The constructions I have seen involve making a thin card frame instead of the usual board spine piece, both on the inside and the outside, and covering it in cloth as part of the casemaking process. This frame needs to be minimally larger on the outside than the inside to avoid seeing the seams through the acrylic, and given that it is glued to either side of the acrylic, the raised edge is vulnerable to lifting either on its own or as people pull it from the shelf. It’s not an incredible problem, but it would be nicer to have something a little cleaner and faster to make.

Poly(methyl methacrylate) (PMMA–trade names Plexiglas, Perspex, etc.–because I don’t actually know what brand mine was, and to avoid the different UK/US standards, I’ll just refer to it as PMMA) comes in a sheet that is relatively easy to score and snap with a utility knife and a ruler. It can be manufactured with a UV coating, so in storage situations where light exposure is an issue, the longer wavelengths might be at least minimized while still maintaining a clear spine. And as Jeff mentioned, it does come with various degrees of resistance to abrasion, reflection, etc., so different budgets may be able to afford different grades of  PMMA, depending on the library’s priorities.

It wasn’t a huge thrill to slot; I found I had to go incredibly slow to avoid melting the PMMA with the warmth of the blade, and because everything is visible the slot needs to be perfectly even in order to not be visually distracting in the end. The blade needs to be exactly the thickness of the cloth to be inserted, because unlike board, the PMMA is inflexible (or at least not flexible enough to ease open the slot without serious risk of snapping the thin side right off, as I discovered…). And the dust inside, which is partially stuck to the slot from heat, needs to be cleared out thoroughly before the cloth can be inserted. But it does work! You’ll have to forgive the unusual cloth color for a box; it’s all I had around at the time.

A few notes:

Adhesives: EVA (ethylvinyl acetate) does hold up to a point, and I assume PVA (polyvinyl acetate) would do the same but didn’t try. Paraloid B72 is the best option: when subjected to tensometer testing, the cloth tore before the joint failed. I applied the adhesive using a syringe, and found no difference in strength when the Paraloid was laid down along the inside end of the slot but not completely covering the sides. (More on that later).

The samples above show the results of testing on the tensometer. Quantitative results didn’t seem terribly useful, although I have the figures if anyone is interested; really the test of the join needs to be that it doesn’t fail before the cloth, which is what would fail normally. If one wanted to be completely thorough there ought to be a fold test to see whether the hard edge of the PMMA causes earlier fail of the joint, but for now I just tested to make sure the adhesive would stand up to the stress of even a very heavy box. The EVA sample at top is representative of all the EVA samples; there would be some amount of distortion of the cloth before it pulled out of the slot relatively neatly. The two Paraloid samples show that occasionally the fabric would begin to pull out of the slot but this was almost simultaneous with the tearing of the cloth, so it didn’t cause very much concern.
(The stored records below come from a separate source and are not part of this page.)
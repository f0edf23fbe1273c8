-- ===== src/Supervisor/Pool/Run/Shape.antt =====
-- What every event but a restart leaves as it was: the array, the index of each slot, and that a
-- drained slot stays drained and is not made healthy again.
use serverless_harness.Base.{
  ℕ, suc, ◌≡◌, refl, sym, ◌∙◌, subst, true, inl, inr, List, [], ◌∷◌, nat_beq, nat_beq_iff,
  Bool-cases,
}
use serverless_harness.Supervisor.Pool.State.{Slot, Pool, Effect, write, set_slot}
use serverless_harness.Supervisor.Pool.HandOff.{stamp}

-- How one slot object may change.
pub record SlotMoves (s t : Slot) : Type 0 where
  pub id : t.id ≡ s.id
  pub drained : s.drained ≡ true → t.drained ≡ true
  pub healthy : s.drained ≡ true → t.healthy ≡ true → s.healthy ≡ true

pub SlotMoves-refl : (s : Slot) → SlotMoves s s
SlotMoves-refl s = record { id = refl; drained = λ h. h; healthy = λ h k. k }

pub SlotMoves-trans : {s t u : Slot} → SlotMoves s t → SlotMoves t u → SlotMoves s u
SlotMoves-trans a b = record {
  id = b.id ∙ a.id;
  drained = λ h. b.drained (a.drained h);
  healthy = λ h k. a.healthy h (b.healthy (a.drained h) k);
}

abbrev pub forks : List Effect → ℕ
forks [] = 0
forks (Effect.fork id ∷ es) = suc (forks es)
forks (e ∷ es) = forks es

pub record Moves (p q : Pool) : Type 0 where
  pub slots : q.slots ≡ p.slots
  pub next : q.next ≡ p.next
  pub closing : p.shutting_down ≡ true → q.shutting_down ≡ true
  pub forked : forks q.effects ≡ forks p.effects
  pub cell : (r : ℕ) → SlotMoves (p.cells r) (q.cells r)

pub Moves-refl : (p : Pool) → Moves p p
Moves-refl p = record {
  slots = refl;
  next = refl;
  closing = λ h. h;
  forked = refl;
  cell = λ r. SlotMoves-refl (p.cells r);
}

pub Moves-trans : {p q u : Pool} → Moves p q → Moves q u → Moves p u
Moves-trans a b = record {
  slots = b.slots ∙ a.slots;
  next = b.next ∙ a.next;
  closing = λ h. b.closing (a.closing h);
  forked = b.forked ∙ a.forked;
  cell = λ r. SlotMoves-trans (a.cell r) (b.cell r);
}

-- A change that leaves the slots alone.
pub Moves-outside :
    (p q : Pool)
    → q.cells ≡ p.cells
    → q.slots ≡ p.slots
    → q.next ≡ p.next
    → (p.shutting_down ≡ true → q.shutting_down ≡ true)
    → forks q.effects ≡ forks p.effects
    → Moves p q
Moves-outside p q cells slots next closing forked = record {
  slots = slots;
  next = next;
  closing = closing;
  forked = forked;
  cell = λ r. rw cells (SlotMoves-refl (p.cells r));
}

write-SlotMoves :
    (cells : ℕ → Slot) (r : ℕ) (s : Slot)
    → SlotMoves (cells r) s
    → (q : ℕ) → SlotMoves (cells q) (write r s cells q)
write-SlotMoves cells r s m q = elim (Bool-cases (nat_beq q r)) [
  | inl e ↦ rw e (subst (λ k. SlotMoves (cells k) s) (sym ((nat_beq_iff q r).0 e)) m)
  | inr e ↦ rw e (SlotMoves-refl (cells q))
]

-- A change of one slot, and of what stands beside the slots.
pub write-Moves :
    (p q : Pool) (r : ℕ) (s : Slot)
    → q.cells ≡ write r s p.cells
    → SlotMoves (p.cells r) s
    → q.slots ≡ p.slots
    → q.next ≡ p.next
    → (p.shutting_down ≡ true → q.shutting_down ≡ true)
    → forks q.effects ≡ forks p.effects
    → Moves p q
write-Moves p q r s cells m slots next closing forked = record {
  slots = slots;
  next = next;
  closing = closing;
  forked = forked;
  cell = λ k. rw cells (write-SlotMoves p.cells r s m k);
}

pub set_slot-Moves :
    (r : ℕ) (s : Slot) (p : Pool) → SlotMoves (p.cells r) s → Moves p (set_slot r s p)
unfolding set_slot
set_slot-Moves r s p m = write-Moves p _ r s refl m refl refl (λ h. h) refl

pub stamp-SlotMoves :
    (rs : List ℕ) (cells : ℕ → Slot) (q : ℕ) → SlotMoves (cells q) (stamp cells rs q)
unfolding stamp
stamp-SlotMoves [] cells q = SlotMoves-refl (cells q)
stamp-SlotMoves (r ∷ rs) cells q =
    SlotMoves-trans
      (write-SlotMoves cells r _ (record { id = refl; drained = λ h. h; healthy = λ h k. k }) q)
      (stamp-SlotMoves rs _ q)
Labeling: I stamped the PMMA with various gold foils on a PräGnant at 85 degrees F with relative ease. It wants relatively light pressure and no dwell. I haven’t tried letters larger than 14 point so I don’t know if it gets more difficult at larger sizes.

More images of the testing and prototype box are here. When I get some diagrams together I’ll post again with the procedure.

The one thing that has me stumped is that the cloth absorbs the Paraloid completely in some places and not as much in others, and the cloth is much darker where wetted with Paraloid. Introducing enough adhesive in the slot to completely cover the cloth leads to too much seepage once the cloth flange is inserted, which is even more unsightly. I tried sanding the PMMA from the outside just over the slot hoping to fog the material enough that the area would be opaque, but there just isn’t enough distance from the cloth in the slot to obscure it completely and it ends up looking messier. Any thoughts?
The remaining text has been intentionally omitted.